Amengual se centra sobre todo en los títulos de ficción de Eustache pero alude también a sus filmes documentales como las dos versiones de La Rosière de Pessac (1968 y 1979), Le Cochon o Numéro zéro porque en ellos se encuentra quizás la máxima expresión de ese primitivismo, la engañosa simpleza de colocar la cámara frente a los acontecimientos y filmar con marcado objetivismo, sin que el montaje -casi nulo en Numéro zéro– o las angulaciones de la cámara indiquen la presencia de un discurso, una voz autoral o lo que sea. Diríase que la intención es ser tan primitivo como las vistas de los hermanos Lumière, en la línea de lo que se etiquetó como cinéma vérité, una tendencia que «condujo pronto a los cineastas de la realidad a utilizar técnicas del reportaje como técnicas de la narración» (p. 47).
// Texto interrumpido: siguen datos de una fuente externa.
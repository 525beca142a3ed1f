-- ===== src/Router/Tasks.antt =====
-- The router's queue of delayed tasks (src/pipewire_router.cpp): `std::multimap` from the time at
-- which a task is due, a list in the order of its keys. Times are in nanoseconds. The mutex makes
-- each access one step. A task's action may schedule others: `act` gives what it schedules, with
-- the time at which it does.
use ee_eq_cli.Common.{
  ℕ, arith, ◌+◌, ◌-◌, ◌*◌, ◌/◌, ◌≤◌, ltb, leb, zero, suc, true, false, List, [], ◌∷◌, ◌++◌, length,
  replicate, All, Option, none, some, ◌≡◌, refl, sym, ap, ◌∙◌, if◌then◌else◌, if_cases, Bool-cases,
  inl, inr,
}

pub record Task (T : Type 0) : Type 0 where
  pub due : ℕ
  pub action : T

-- The actions that `run_due_tasks` has run, and the queue it leaves.
pub record Ran (T : Type 0) : Type 0 where
  pub actions : List T
  pub queue : List (Task T)

module _ {T : Type 0} where
  -- `emplace`: after the tasks that are due at the same time.
  unfoldable pub emplace : Task T → List (Task T) → List (Task T)
  emplace t [] = t ∷ []
  emplace t (u ∷ us) = let rest = emplace t us in if leb u.due t.due then u ∷ rest else t ∷ u ∷ us

  -- A delay of `delay` milliseconds at the time `now`.
  unfoldable pub schedule_task : ℕ → ℕ → T → List (Task T) → List (Task T)
  schedule_task now delay action queue =
      emplace (record { due = now + delay * 1000000; action = action }) queue

  -- In milliseconds.
  unfoldable pub next_task_timeout : ℕ → List (Task T) → Option ℕ
  next_task_timeout now [] = none
  next_task_timeout now (t ∷ ts) = if leb t.due now then some 0 else some ((t.due - now) / 1000000)

  abbrev pub before : T → Ran T → Ran T
  before a r = record r { actions = a ∷ r.actions }

  module _ (act : T → List (Task T) → List (Task T)) where
    -- `clock` is what the clock says in each round; with no round left the loop is still running.
    unfoldable pub run_due_tasks : List ℕ → List (Task T) → Ran T
    run_due_tasks [] queue = record { actions = []; queue = queue }
    run_due_tasks (now ∷ clock) [] = record { actions = []; queue = [] }
    run_due_tasks (now ∷ clock) (t ∷ ts) =
        let rest = run_due_tasks clock (act t.action ts) in
        if ltb now t.due then record { actions = []; queue = t ∷ ts } else before t.action rest

  -- The order of the map.
  abbrev pub Above : ℕ → List (Task T) → Type 0
  Above n [] = Unit
  Above n (t ∷ ts) = n ≤ t.due

  abbrev pub IsSorted : List (Task T) → Type 0
  IsSorted [] = Unit
  IsSorted (t ∷ ts) = Above t.due ts × IsSorted ts

  Above-emplace :
      (n : ℕ) (t : Task T) (q : List (Task T)) → n ≤ t.due → Above n q → Above n (emplace t q)
  unfolding emplace
  Above-emplace n t [] h a = h
  Above-emplace n t (u ∷ us) h a =
      if_cases {A = List (Task T)} (Above n) (leb u.due t.due) (λ _. a) (λ _. h)

  pub emplace-IsSorted : (t : Task T) (q : List (Task T)) → IsSorted q → IsSorted (emplace t q)
  unfolding emplace
  emplace-IsSorted t [] w = (tt, tt)
  emplace-IsSorted t (u ∷ us) (a, w) =
      if_cases {A = List (Task T)} IsSorted (leb u.due t.due)
        (λ e. (Above-emplace u.due t us (ground (arith, e)) a, emplace-IsSorted t us w))
        (λ e. (ground (arith, e), (a, w)))

  -- The actions that are due, and the tasks that are not.
  abbrev pub due_actions : ℕ → List (Task T) → List T
  due_actions now [] = []
  due_actions now (t ∷ ts) =
      let rest = due_actions now ts in if ltb now t.due then rest else t.action ∷ rest

  abbrev pub later_tasks : ℕ → List (Task T) → List (Task T)
  later_tasks now [] = []
  later_tasks now (t ∷ ts) =
      let rest = later_tasks now ts in if ltb now t.due then t ∷ rest else rest

  -- What the actions of due tasks schedule, in the order in which they run.
  abbrev pub followed : (T → List (Task T)) → List T → List (Task T)
  followed follow [] = []
  followed follow (a ∷ rest) = follow a ++ followed follow rest

  abbrev pub emplace_all : List (Task T) → List (Task T) → List (Task T)
  emplace_all [] q = q
  emplace_all (t ∷ ts) q = emplace_all ts (emplace t q)

  none_due :
      (now n : ℕ) (q : List (Task T))
      → ltb now n ≡ true
      → Above n q
      → IsSorted q
      → (due_actions now q ≡ []) × (later_tasks now q ≡ q)
  none_due now n [] h a w = (refl, refl)
  none_due now n (t ∷ ts) h a (b, w) =
      let late : ltb now t.due ≡ true = ground (arith, h, a) in
      let (d, l) = none_due now t.due ts late b w in (rw (late, d) refl, rw (late, l) refl)

  emplace_all-append :
      (xs ys q : List (Task T)) → emplace_all (xs ++ ys) q ≡ emplace_all ys (emplace_all xs q)
  emplace_all-append [] ys q = refl
  emplace_all-append (x ∷ xs) ys q = emplace_all-append xs ys (emplace x q)

  emplace_all-IsSorted : (xs q : List (Task T)) → IsSorted q → IsSorted (emplace_all xs q)
  emplace_all-IsSorted [] q w = w
  emplace_all-IsSorted (x ∷ xs) q w = emplace_all-IsSorted xs (emplace x q) (emplace-IsSorted x q w)

  -- A task for later leaves the due ones as they are, and comes among the others.
  due-emplace :
      (now : ℕ) (t : Task T) (q : List (Task T))
      → ltb now t.due ≡ true
      → (due_actions now (emplace t q) ≡ due_actions now q)
        × (IsSorted q → later_tasks now (emplace t q) ≡ emplace t (later_tasks now q))
  unfolding emplace
  due-emplace now t [] late = (rw late refl, λ _. rw late refl)
  due-emplace now t (u ∷ us) late =
      let (d, l) = due-emplace now t us late in
      elim (Bool-cases (leb u.due t.due)) [
        | inl e ↦ elim (Bool-cases (ltb now u.due)) [
          | inl h ↦ (rw (e, h) d, λ w. rw (e, h, e, l w.1) refl)
          | inr h ↦ (rw (e, h, d) refl, λ w. rw (e, h) (l w.1))
        ]
        | inr e ↦
            let h : ltb now u.due ≡ true = ground (arith, e, late) in
            (
              rw (e, late, h) refl,
              λ w. rw (e, late, h, (none_due now u.due us h w.0 w.1).1, e) refl,
            )
      ]

  due-emplace_all :
      (now : ℕ) (xs q : List (Task T))
      → All (λ t. ltb now t.due ≡ true) xs
      → IsSorted q
      → (due_actions now (emplace_all xs q) ≡ due_actions now q)
        × (later_tasks now (emplace_all xs q) ≡ emplace_all xs (later_tasks now q))
  due-emplace_all now [] q h w = (refl, refl)
  due-emplace_all now (x ∷ xs) q (late, h) w =
      let (d, l) = due-emplace_all now xs (emplace x q) h (emplace-IsSorted x q w) in
      let (d', l') = due-emplace now x q late in (d ∙ d', l ∙ ap (emplace_all xs) (l' w))

  -- While the clock stands still and each action schedules tasks for later only, the tasks that
  -- are due are run in the queue's order, which is that of their times; the others stay, and the
  -- tasks that the actions schedule are put among them. One round more than there are due tasks is
  -- enough.
  pub run_due_tasks_lem :
      (now : ℕ) (follow : T → List (Task T))
      → ((a : T) → All (λ t. ltb now t.due ≡ true) (follow a))
      → (n : ℕ) (q : List (Task T)) → length (due_actions now q) ≤ n
      → IsSorted q
      → run_due_tasks (λ a rest. emplace_all (follow a) rest) (replicate (suc n) now) q ≡ record {
        actions = due_actions now q;
        queue = emplace_all (followed follow (due_actions now q)) (later_tasks now q);
      }
  unfolding run_due_tasks
  run_due_tasks_lem now follow f n [] h w = refl
  run_due_tasks_lem now follow f zero (t ∷ ts) h (a, w) = elim (Bool-cases (ltb now t.due)) [
    | inl late ↦ let (d, l) = none_due now t.due ts late a w in rw (late, d, l) refl
    | inr due ↦
        let some_due : suc (length (due_actions now ts)) ≤ 0 = rw due at h in
        let no : false ≡ true = ground (arith, some_due) in cc
  ]
  run_due_tasks_lem now follow f (suc n) (t ∷ ts) h (a, w) = elim (Bool-cases (ltb now t.due)) [
    | inl late ↦ let (d, l) = none_due now t.due ts late a w in rw (late, d, l) refl
    | inr due ↦
        let enough : suc (length (due_actions now ts)) ≤ suc n = rw due at h in
        let (d, l) = due-emplace_all now (follow t.action) ts (f t.action) w in
        let rest =
          run_due_tasks_lem now follow f n (emplace_all (follow t.action) ts)
            (rw d (omega (arith, enough))) (emplace_all-IsSorted (follow t.action) ts w) in
        rw (due, rest, d, l)
          (ap (λ q. record { actions = t.action ∷ due_actions now ts; queue = q })
            (sym (
              emplace_all-append (follow t.action) (followed follow (due_actions now ts))
                (later_tasks now ts))))
  ]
En Eustache, no obstante, podemos notar un acento común con otros cineastas de diferentes oleadas de la modernidad que también van en pos de alguna noble forma de primitivismo. Como dice el propio Amengual, «¿no es el ideal estético de Eustache unir a Lumière y a Straub?» (p. 104). Precisamente, guardamos en este blog un cariño especial por La France contre les robots, film postrero de Straub que reproduce uno de los gestos radicales de la obra eustachiana, esto es, el acto de filmar dos versiones de una misma película, como en Une sale histoire: «Es el dos veces lo mismo lo que causa más efecto que el dos veces» (p. 40).

Amengual abunda también en la influencia de Jean Renoir en el cine de nuestro hombre y en las concomitancias entre su estilo y el de Robert Bresson, cuyo sustractivo y ascético cinematógrafo es, en el fondo, otra forma de búsqueda de cierta pureza primitiva. Lo cual me trae el recuerdo de una charla sobre Bresson en la filmoteca de Barcelona, hace más de veinte años, en la que José Luis Guerin afirmó que, en su opinión, la única película a la que se atrevía a atribuirle la etiqueta de bressoniana era a Mes petites amoureuses, que Amengual describe como una versión más osada de Les Mistons, el film de Truffaut sobre las pulsiones eroticoamorosas de un grupo de púberes. «Como en Bresson -dice Amengual a propósito, precisamente, de Mes petites amoureuses-, pero con distinto propósito (no ya acceder a lo espiritual presente sino alcanzar una forma de sensibilidad, un ser, perdidos en el mundo), la extenuación de la realidad se apoya en fragmentos de realismo poderoso, incontestables, que se arrancan casi al pasado» (p. 113).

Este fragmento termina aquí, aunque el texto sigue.